Content starts

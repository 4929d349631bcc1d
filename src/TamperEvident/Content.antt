-- ===== src/TamperEvident/Content.antt =====
-- What the hash of a record tells of it, where the text that is hashed is JSON.
use logquill_python.Base.{
  String, string_eq, false, Option, none, some, List, [], ◌∷◌, ◌++◌, map, ◌≡◌, refl, sym, ap, ◌∙◌,
  arith, ◌==◌, if◌then◌else◌, Bool-cases, inl, inr,
}
use logquill_python.Dict.{get}
use logquill_python.Value.{
  Value, Fields, str, dict, Meta, entries, of_entries, entries-of_entries, value_eq,
}
use logquill_python.Records.{Record, as_dict, legacy_schema_version}
use logquill_python.TamperEvident.{
  TamperEvident, or_null, is_chain_key, without_chain, content_of, version_entry, llm_part, stamp,
  before_log, compute_hash,
}
use logquill_python.TamperEvident.Chain.{stamped, same_content}
use logquill_python.TamperEvident.Forgery.{meta_entries, payload, payloads}

-- `json.dumps` of a dict, as a value
abbrev pub dumps_of : (Value → String) → Meta → String
dumps_of json d = json (dict (of_entries d))

abbrev pub text_of : (Value → String) → Option Value → Option String
text_of json none = none
text_of json (some v) = some (json v)

-- Two objects with one JSON text have the same keys, and values with one JSON text under each.
abbrev pub TellsKeys : (Value → String) → Type 0
TellsKeys json =
    (c d : Fields)
    → json (dict c) ≡ json (dict d)
    → (k : String) → text_of json (get (entries c) k) ≡ text_of json (get (entries d) k)

-- a record without `schema_version` is one of the version that had none
abbrev pub or_legacy : Option Value → Value
or_legacy none = str legacy_schema_version
or_legacy (some v) = v

-- Two records with the same JSON under every field and every key of `meta` but the chain's own.
pub record SameRecord (json : Value → String) (r u : Meta) : Type 0 where
  pub timestamp : json (or_null (get r "timestamp")) ≡ json (or_null (get u "timestamp"))
  pub level : json (or_null (get r "level")) ≡ json (or_null (get u "level"))
  pub logger : json (or_null (get r "logger")) ≡ json (or_null (get u "logger"))
  pub message : json (or_null (get r "message")) ≡ json (or_null (get u "message"))
  pub version :
      json (or_legacy (get r "schema_version")) ≡ json (or_legacy (get u "schema_version"))
  pub llm : text_of json (get r "llm") ≡ text_of json (get u "llm")
  pub meta :
      (k : String)
      → is_chain_key k ≡ false
      → text_of json (get (meta_entries (get r "meta")) k)
        ≡ text_of json (get (meta_entries (get u "meta")) k)

-- Two logs of as many records, each the same as the other's.
abbrev pub SameLog : (Value → String) → List Meta → List Meta → Type 0
SameLog json [] [] = Unit
SameLog json (r ∷ rs) (u ∷ us) = SameRecord json r u × SameLog json rs us
SameLog json _ _ = ⊥

some_inj : {s t : String} → some s ≡ some t → s ≡ t
some_inj e = ground (arith, e)

cons_inj : {s t : String} {l m : List String} → s ∷ l ≡ t ∷ m → (s ≡ t) × (l ≡ m)
cons_inj e = (ground (arith, e), ground (arith, e))

rev_onto : List String → List String → List String
rev_onto acc [] = acc
rev_onto acc (s ∷ l) = rev_onto (s ∷ acc) l

rev_onto-twice : (acc l : List String) → rev_onto [] (rev_onto acc l) ≡ rev_onto l acc
unfolding rev_onto
rev_onto-twice acc [] = refl
rev_onto-twice acc (s ∷ l) = rev_onto-twice (s ∷ acc) l

module _ (dumps : Meta → String) (sha256 : String → String) (genesis : String) where
  payloads-map :
      (acc : List String) (rs : List Meta)
      → payloads dumps sha256 genesis acc rs ≡ rev_onto acc (map (payload dumps sha256 genesis) rs)
  unfolding rev_onto
  payloads-map acc [] = refl
  payloads-map acc (r ∷ rs) = payloads-map (payload dumps sha256 genesis r ∷ acc) rs

  payloads-twice :
      (rs : List Meta)
      → rev_onto [] (payloads dumps sha256 genesis [] rs) ≡ map (payload dumps sha256 genesis) rs
  payloads-twice rs =
      ap (rev_onto []) (payloads-map [] rs)
      ∙ rev_onto-twice [] (map (payload dumps sha256 genesis) rs)
      ∙ (unfold rev_onto in refl)

get-without_chain :
    (meta : Meta) (k : String) → is_chain_key k ≡ false → get (without_chain meta) k ≡ get meta k
unfolding without_chain get
get-without_chain [] k h = refl
get-without_chain ((j, v) ∷ meta) k h = elim (Bool-cases (is_chain_key j)) [
  | inl chain ↦ elim (Bool-cases (j == k)) [
    | inl same ↦
        absurd (ground (arith, chain, h, ap is_chain_key ((string_eq.same_iff j k).0 same)))
    | inr other ↦ rw (chain, other) (get-without_chain meta k h)
  ]
  | inr kept ↦ elim (Bool-cases (j == k)) [
    | inl same ↦ rw (kept, same) refl
    | inr other ↦ rw (kept, other) (get-without_chain meta k h)
  ]
]

abbrev version_of : Option Value → Option Value
version_of none = none
version_of (some v) = if v == str legacy_schema_version then none else some v

get-versions :
    (o l : Option Value)
    → (get (version_entry o ++ llm_part l) "schema_version" ≡ version_of o)
      × (get (version_entry o ++ llm_part l) "llm" ≡ l)
unfolding get
get-versions none none = (refl, refl)
get-versions none (some b) = (refl, refl)
get-versions (some v) none = elim (Bool-cases (v == str legacy_schema_version)) [
  | inl e ↦ rw e (refl, refl)
  | inr e ↦ rw e (refl, refl)
]
get-versions (some v) (some b) = elim (Bool-cases (v == str legacy_schema_version)) [
  | inl e ↦ rw e (refl, refl)
  | inr e ↦ rw e (refl, refl)
]

module _ (json : Value → String) (sha256 : String → String) (genesis : String) where
  abbrev or_text : Option String → String
  or_text none = json (str legacy_schema_version)
  or_text (some text) = text

  legacy_text : (o : Option Value) → or_text (text_of json (version_of o)) ≡ json (or_legacy o)
  legacy_text none = refl
  legacy_text (some v) = elim (Bool-cases (v == str legacy_schema_version)) [
    | inl e ↦ rw e (ap json (sym ((value_eq.same_iff v (str legacy_schema_version)).0 e)))
    | inr e ↦ rw e refl
  ]

  module _ (tells : TellsKeys json) where
    content-tells :
        (c d : Meta)
        → dumps_of json c ≡ dumps_of json d
        → (k : String) → text_of json (get c k) ≡ text_of json (get d k)
    content-tells c d e k =
        ap (λ m. text_of json (get m k)) (sym (entries-of_entries c))
        ∙ tells (of_entries c) (of_entries d) e k
        ∙ ap (λ m. text_of json (get m k)) (entries-of_entries d)

    SameRecord-payload :
        (r u : Meta)
        → payload (dumps_of json) sha256 genesis r ≡ payload (dumps_of json) sha256 genesis u
        → SameRecord json r u
    unfolding content_of get
    SameRecord-payload r u e =
        let m = meta_entries (get r "meta") in
        let n = meta_entries (get u "meta") in
        let same = content-tells (content_of r m) (content_of u n) e in
        record {
          timestamp = some_inj (same "timestamp");
          level = some_inj (same "level");
          logger = some_inj (same "logger");
          message = some_inj (same "message");
          version =
              sym (legacy_text (get r "schema_version"))
              ∙ ap or_text (
                  ap (text_of json) (sym (get-versions (get r "schema_version") (get r "llm")).0)
                  ∙ same "schema_version"
                  ∙ ap (text_of json) (get-versions (get u "schema_version") (get u "llm")).0)
              ∙ legacy_text (get u "schema_version");
          llm =
              ap (text_of json) (sym (get-versions (get r "schema_version") (get r "llm")).1)
              ∙ same "llm"
              ∙ ap (text_of json) (get-versions (get u "schema_version") (get u "llm")).1;
          meta = λ k h.
              ap (text_of json) (sym (get-without_chain m k h))
              ∙ content-tells (without_chain m) (without_chain n) (some_inj (same "meta")) k
              ∙ ap (text_of json) (get-without_chain n k h);
        }

    SameLog-payloads :
        (rs us : List Meta)
        → map (payload (dumps_of json) sha256 genesis) rs
          ≡ map (payload (dumps_of json) sha256 genesis) us
        → SameLog json rs us
    SameLog-payloads [] [] e = tt
    SameLog-payloads [] (u ∷ us) e = absurd (ground (arith, e))
    SameLog-payloads (r ∷ rs) [] e = absurd (ground (arith, e))
    SameLog-payloads (r ∷ rs) (u ∷ us) e =
        let (first, rest) = cons_inj e in
        (SameRecord-payload r u first, SameLog-payloads rs us rest)

    -- `payloads` lists them from the last to the first
    pub SameLog-of :
        (rs us : List Meta)
        → payloads (dumps_of json) sha256 genesis [] rs
          ≡ payloads (dumps_of json) sha256 genesis [] us
        → SameLog json rs us
    SameLog-of rs us e = SameLog-payloads rs us (
        sym (payloads-twice (dumps_of json) sha256 genesis rs)
        ∙ ap (rev_onto []) e
        ∙ payloads-twice (dumps_of json) sha256 genesis us)

  payload-stamped :
      (r : Record) (prev digest : String)
      → let meta = stamped (dumps_of json) sha256 r.meta prev digest in
        payload (dumps_of json) sha256 genesis (as_dict (record r { meta = meta }))
        ≡ payload (dumps_of json) sha256 genesis (as_dict r)
  unfolding get
  payload-stamped r prev digest =
      let meta = stamped (dumps_of json) sha256 r.meta prev digest in
      ap (dumps_of json) (
        ap (content_of (as_dict (record r { meta = meta }))) (entries-of_entries meta)
        ∙ same_content (dumps_of json) sha256 r prev digest
        ∙ ap (content_of (as_dict r)) (sym (entries-of_entries r.meta)))

  -- A stamped record has the payload of the record that the plugin was given.
  pub payloads-stamp :
      (p : TamperEvident) (rs : List Record) (acc : List String)
      → payloads
          (dumps_of json)
          sha256
          genesis
          acc
          (map as_dict (stamp (dumps_of json) sha256 p rs).0)
        ≡ payloads (dumps_of json) sha256 genesis acc (map as_dict rs)
  unfolding stamp before_log
  payloads-stamp p [] acc = refl
  payloads-stamp p (r ∷ rs) acc =
      let digest = compute_hash (dumps_of json) sha256 (as_dict r) r.meta p.last_hash in
      let meta = stamped (dumps_of json) sha256 r.meta p.last_hash digest in
      payloads-stamp (record p { last_hash = digest }) rs
        (payload (dumps_of json) sha256 genesis (as_dict (record r { meta = meta })) ∷ acc)
      ∙ ap (λ text. payloads (dumps_of json) sha256 genesis (text ∷ acc) (map as_dict rs))
          (payload-stamped r p.last_hash digest)
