-- ===== src/Project/Objects.antt =====
-- The objects of `reconcileProject`.
use workshop_operator.Prelude.{
  ◌≡◌, ◌≢◌, refl, ℕ, ◌≤◌, String, ◌<>◌, Bool, true, false, ◌=ₛ◌, arith, List, [], ◌∷◌, eq_iff,
}
use workshop_operator.Kube.Object.{Ref, role_binding}
use workshop_operator.Kube.Env.{Env}
use workshop_operator.Kube.Flow.{Return, next, success, has_error, is_requeued}
use workshop_operator.Kube.Errors.{fails, requeue_fails, error_requeued}
use workshop_operator.Kube.Lawful.{IsLawful}
use workshop_operator.Kube.Meets.{
  Meets, MeetsCall, Meets-pure, Meets-bind, MeetsCall-function, Meets-propagate,
}
use workshop_operator.Kube.Installs.{
  AllPresent, AllPresent-keep, KeepsPresent, KeepsPresent-IsPreorder, Installs, InstallsCall,
  InstallsCall-function, Installs-pure, Installs-create, Installs-call,
}
use workshop_operator.Kube.Rounds.Objects.{Covers, rounds_from-Covers}
use workshop_operator.Build.Base.{Workshop}
use workshop_operator.Build.Cluster.{new_namespace, new_role_binding_users, new_role_binding_sa}
use workshop_operator.Project.{
  add_project, manage_roles, reconcile_project, project_rounds, per_user, is_added, project_ref,
  user_role_binding, default_role_binding, argocd_edit_role_binding, staging_project_name,
  project_username,
}

abbrev pub project_role_ref : (project_name name : String) → Ref
project_role_ref project_name name = record {
  kind = role_binding;
  namespace_name = project_name;
  name = name;
}

abbrev pub role_refs : (project_name username : String) → List Ref
role_refs project_name username =
    project_role_ref project_name (username <> "-project")
    ∷ project_role_ref project_name (username <> "-default")
    ∷ project_role_ref project_name (username <> "-argocd")
    ∷ []

-- The namespace of a user's project and the role bindings in it.
abbrev pub project_refs : Workshop → ℕ → List Ref
project_refs ws id =
    project_ref ws id ∷ role_refs (staging_project_name ws id) (project_username id)

module _ (env : Env) (law : IsLawful env) where
  open env use {World}

  manage_roles-Installs :
      (project_name username : String)
      → InstallsCall env law has_error
          (manage_roles env project_name username)
          (role_refs project_name username)
  unfolding manage_roles user_role_binding default_role_binding argocd_edit_role_binding
      new_role_binding_users new_role_binding_sa
  manage_roles-Installs project_name username =
      InstallsCall-function env law has_error _
        (search (Installs-pure env law has_error, Installs-create env law has_error fails) depth 8)

  add_project-Installs :
      (ws : Workshop) (id : ℕ)
      → InstallsCall env law is_requeued
          (add_project env (staging_project_name ws id) (project_username id))
          (project_refs ws id)
  unfolding add_project new_namespace
  add_project-Installs ws id = InstallsCall-function env law is_requeued _ (
      Installs-create env law is_requeued requeue_fails _ _ (
        Installs-call env law is_requeued {k = []} has_error _ _ error_requeued
          (manage_roles-Installs (staging_project_name ws id) (project_username id))
          (Installs-pure env law is_requeued success)))

  module _ (ws : Workshop) (users : ℕ) (on : ws.spec.infrastructure.project.enabled ≡ true)
      (named : ws.spec.infrastructure.project.staging_name ≢ "") where
    -- This round's project.
    per_user-Installs :
        (id : ℕ) (b : Bool)
        → (ws.spec.infrastructure.project.staging_name =ₛ "") ≡ b
        → Installs env law is_requeued (per_user env ws (add_project env) id b) (project_refs ws id)
    unfolding per_user
    per_user-Installs id true e = absurd (named ((eq_iff _ _).0 e))
    per_user-Installs id false e = record {
      meets = Meets-propagate _ (add_project-Installs ws id).meets (λ r h. h);
    }

    abbrev Added : ℕ → World → World → Type 0
    Added = Covers env law (project_refs ws) users

    loop-Added :
        (fuel id : ℕ)
        → Meets
            (KeepsPresent env law)
            is_requeued
            (Added id)
            (project_rounds env ws (add_project env) (is_added env ws users) fuel id)
    loop-Added =
        rounds_from-Covers env law is_requeued (is_added env ws users) _ (project_ref ws)
          (project_refs ws) users (λ i le. ground arith) (λ id. per_user-Installs id _ refl)

    all_there :
        (fuel : ℕ)
        → MeetsCall
            (KeepsPresent env law)
            is_requeued
            (Added 1)
            (reconcile_project env ws fuel users)
    unfolding reconcile_project
    all_there fuel = MeetsCall-function _ (
        Meets-bind (KeepsPresent-IsPreorder env law) _ _ (loop-Added fuel 1)
          (λ _.
            Meets-pure (KeepsPresent-IsPreorder env law) {Q = λ _ _. Unit {0}} success (λ w. tt))
          λ u v w _ kept p _ i le le'.
            AllPresent-keep env law (project_refs ws i) v w kept (p i le le'))

    -- In a lawful cluster, with projects enabled and named, a run that is not requeued leaves the
    -- namespace and the three role bindings of every user from 1 to their number in the cluster.
    pub reconcile_project-AllPresent :
        (fuel : ℕ) (w : World) (r : Return)
        → (reconcile_project env ws fuel users w).0 ≡ next r
        → is_requeued r ≡ false
        → (i : ℕ) → 1 ≤ i
        → i ≤ users
        → AllPresent env law (reconcile_project env ws fuel users w).1 (project_refs ws i)
    reconcile_project-AllPresent fuel w r e n = (all_there fuel).done w r e n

Content ends

* _WHAT TO DO_
Every line from the one that contains "-- In a lawful" down to and including the last line of the records above must be set down exactly, with nothing else.

* _SOLUTION BELOW_
    -- In a lawful cluster, with projects enabled and named, a run that is not requeued leaves the
    -- namespace and the three role bindings of every user from 1 to their number in the cluster.
    pub reconcile_project-AllPresent :
        (fuel : ℕ) (w : World) (r : Return)
        → (reconcile_project env ws fuel users w).0 ≡ next r
        → is_requeued r ≡ false
        → (i : ℕ) → 1 ≤ i
        → i ≤ users
        → AllPresent env law (reconcile_project env ws fuel users w).1 (project_refs ws i)
    reconcile_project-AllPresent fuel w r e n = (all_there fuel).done w r e n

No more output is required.